I asked the seas, and all the deeps below,
My God to know:
I asked the reptiles, and whatever is
In the abyss:
Even from the shrimp to the leviathan
My inquiry ran:
But in those deserts, which no line can sound,
The God I sought for was not to be found.
I asked the air, if that were he, but know
It told me, “No””
I from the towering eagle to the wren
If any feathered fowl ‘mong them were such”
But they, all much
Offended at my question, I full quire
Answered, to find my God I must look higher…
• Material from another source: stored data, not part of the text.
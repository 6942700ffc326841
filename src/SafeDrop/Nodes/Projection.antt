-- ===== src/SafeDrop/Nodes/Projection.antt =====
-- What `projection` keeps and returns.
use rapx_log.Prelude.{
  ℕ, ◌≤◌, ◌<◌, ◌≡◌, refl, sym, subst, inl, inr, Bool, true, false, ◌==◌, Bool-cases, Option-cases,
  none, some, List, [], ◌∷◌, ◌++◌, length, length-append, get_elem?, get_elem?-some, get, Outcome,
  ok, arith,
}
use rapx_log.Mir.{ProjectionElem, deref, field, other_elem, Place, TyCtxt}
use rapx_log.SafeDrop.CheckBugs.Edges.{IsWalkable}
use rapx_log.SafeDrop.State.{ValueNode, SafeDropGraph, M, pure}
use rapx_log.SafeDrop.State.Fields.{
  get_elem?-concat, mem-get, with_field, grown_fields, grown-length,
}
use rapx_log.SafeDrop.Nodes.{field_or_new, projected, head_alias, project, projection}

-- A graph to search, with an entry for each value in the record of the dead.
pub record IsSound (g : SafeDropGraph) : Type 0 where
  pub walk : IsWalkable g
  pub dead_size : length g.dead_record ≡ length g.values

-- The run returns a node, and leaves a sound graph with at least the nodes it had.
pub record Finds (g : SafeDropGraph) (run : Outcome (ℕ × SafeDropGraph)) : Type 0 where
  pub node : ℕ
  pub after : SafeDropGraph
  pub returns : run ≡ ok (node, after)
  pub sound : IsSound after
  pub grows : length g.values ≤ length after.values
  pub inside : node < length after.values

module _ (g : SafeDropGraph) (sound : IsSound g) (id idx : ℕ) (v node : ValueNode)
    (at_id : get_elem? g.values id ≡ some v) (no_fields : node.fields ≡ []) where
  grown : SafeDropGraph
  grown = record g {
    values = with_field g.values id idx v ++ node ∷ [];
    alias_set = g.alias_set ++ length g.alias_set ∷ [];
    dead_record = g.dead_record ++ false ∷ [];
  }

  grown-IsSound : IsSound grown
  unfolding grown
  grown-IsSound = record {
    walk = record {
      size = omega (
        arith,
        length-append g.alias_set (length g.alias_set ∷ []),
        grown-length g.values id idx v node,
        sound.walk.size,
      );
      forest = record {
        descends = λ i p e. elim (get_elem?-concat g.alias_set (length g.alias_set) i e) [
          | inl old ↦ sound.walk.forest.descends i p old
          | inr (at_end, eq) ↦ omega (arith, at_end, eq)
        ];
      };
      fields = λ i w f e m. omega (
        arith,
        grown-length g.values id idx v node,
        grown_fields g.values sound.walk.fields id idx v node at_id no_fields i w f e m,
      );
    };
    dead_size = omega (
      arith,
      length-append g.dead_record (false ∷ []),
      grown-length g.values id idx v node,
      sound.dead_size,
    );
  }

field_or_new-missing :
    (g : SafeDropGraph) (id idx : ℕ) (v node : ValueNode) (make : M ValueNode)
    → get_elem? g.values id ≡ some v
    → get v.fields idx ≡ none
    → make g ≡ ok (node, g)
    → node.index ≡ length g.values
    → field_or_new id idx make (length g.alias_set) g
      ≡ ok (
        node.index,
        record g {
          values = with_field g.values id idx v ++ node ∷ [];
          alias_set = g.alias_set ++ length g.alias_set ∷ [];
          dead_record = g.dead_record ++ false ∷ [];
        },
      )
unfolding field_or_new
field_or_new-missing g id idx v node make e missing made next = rw (e, missing, made, e, next)

-- A field that is there is a node, and a new one becomes one.
pub field_or_new-Finds :
    (g : SafeDropGraph) (id idx entry : ℕ) (v node : ValueNode) (make : M ValueNode)
    → IsSound g
    → get_elem? g.values id ≡ some v
    → make g ≡ ok (node, g)
    → node.fields ≡ []
    → node.index ≡ length g.values
    → entry ≡ length g.alias_set
    → Finds g (field_or_new id idx make entry g)
unfolding field_or_new grown
field_or_new-Finds g id idx entry v node make sound e made no_fields next at_end =
    elim (Option-cases (get v.fields idx)) [
      | inr (j, found) ↦
          let (k, mem) = mem-get v.fields idx j found in
          record {
            node = j;
            after = g;
            returns = rw (e, found);
            sound = sound;
            grows = omega arith;
            inside = sound.walk.fields id v (k, j) e mem;
          }
      | inl missing ↦ record {
        node = node.index;
        after = grown g sound id idx v node e no_fields;
        returns =
            subst
              (λ n.
                field_or_new id idx make n g
                ≡ ok (node.index, grown g sound id idx v node e no_fields))
              (sym at_end) (field_or_new-missing g id idx v node make e missing made next);
        sound = grown-IsSound g sound id idx v node e no_fields;
        grows = omega (arith, grown-length g.values id idx v node);
        inside = omega (arith, grown-length g.values id idx v node, next);
      }
    ]

-- The alias that stands for a value on the right side is a node.
head_alias-inside :
    (g : SafeDropGraph) (is_right : Bool) (local id : ℕ)
    → IsSound g
    → id < length g.values
    → (local' i : ℕ) × (head_alias is_right local id g ≡ ok ((local', i), g))
      × (i < length g.values)
unfolding head_alias
head_alias-inside g false local id sound lt = (local, id, refl, lt)
head_alias-inside g true local id sound lt =
    let (p, e) = get_elem?-some g.alias_set id (omega (arith, sound.walk.size)) in
    let below = sound.walk.forest.descends id p e in
    let (v, at_p) = get_elem?-some g.values p (omega arith) in
    elim (Bool-cases (p == id)) [
      | inl same ↦ (local, id, rw (e, same), lt)
      | inr other ↦ (v.local, p, rw (e, other, at_p), omega arith)
    ]

project-Finds :
    (tcx : TyCtxt) (is_right : Bool) (local id : ℕ) (ps : List ProjectionElem) (g : SafeDropGraph)
    → IsSound g
    → id < length g.values
    → Finds g (project tcx is_right local id ps g)
unfolding project
project-Finds tcx is_right local id [] g sound lt = record {
  node = id;
  after = g;
  returns = refl;
  sound = sound;
  grows = omega arith;
  inside = lt;
}
project-Finds tcx is_right local id (deref ∷ ps) g sound lt =
    let (p, e) = get_elem?-some g.alias_set id (omega (arith, sound.walk.size)) in
    let below = sound.walk.forest.descends id p e in
    rw e (project-Finds tcx is_right local p ps g sound (omega arith))
project-Finds tcx is_right local id (field idx ty ∷ ps) g sound lt =
    let (local', i, run, inside) = head_alias-inside g is_right local id sound lt in
    let (v, e) = get_elem?-some g.values i inside in
    let f =
      field_or_new-Finds g i idx (length g.alias_set) v
        (projected tcx (length g.values) local' ty v idx)
        (pure (projected tcx (length g.values) local' ty v idx)) sound e refl refl refl refl in
    let rest = project-Finds tcx is_right local' f.node ps f.after f.sound f.inside in
    record {
      node = rest.node;
      after = rest.after;
      returns = rw (run, e, f.returns) rest.returns;
      sound = rest.sound;
      grows = omega (arith, f.grows, rest.grows);
      inside = rest.inside;
    }
project-Finds tcx is_right local id (other_elem ∷ ps) g sound lt =
    project-Finds tcx is_right local id ps g sound lt

-- On a sound graph `projection` of a place whose local is a node returns, whatever the projections
-- are; the result is a node of the graph that it leaves, which is sound and has at least as many nodes.
pub projection-Finds :
    (tcx : TyCtxt) (is_right : Bool) (place : Place) (g : SafeDropGraph)
    → IsSound g
    → place.local < length g.values
    → Finds g (projection tcx is_right place g)
unfolding projection
projection-Finds tcx is_right place g sound lt =
    project-Finds tcx is_right place.local place.local place.projection g sound lt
And now, my God, by thy illumining grace,
Thy glorious face
(So far forth as thou wilt discovered be)
Methinks I see:
And though invisible and infinite;
To human sight
Thou in thy mercy, justice, truth, appearest,
In which to our frail senses thou com’st nearest.
O, make us apt to seek and quick to find,
Thou God most kind:
Give us love, hope, and faith in thee to trust,
Thou God most just:
Remit all our offenses, we entreat,
Most good, most great:
Grant that our willing though unworthy quest
May, through thy grace, admit us ‘mongst the blest.”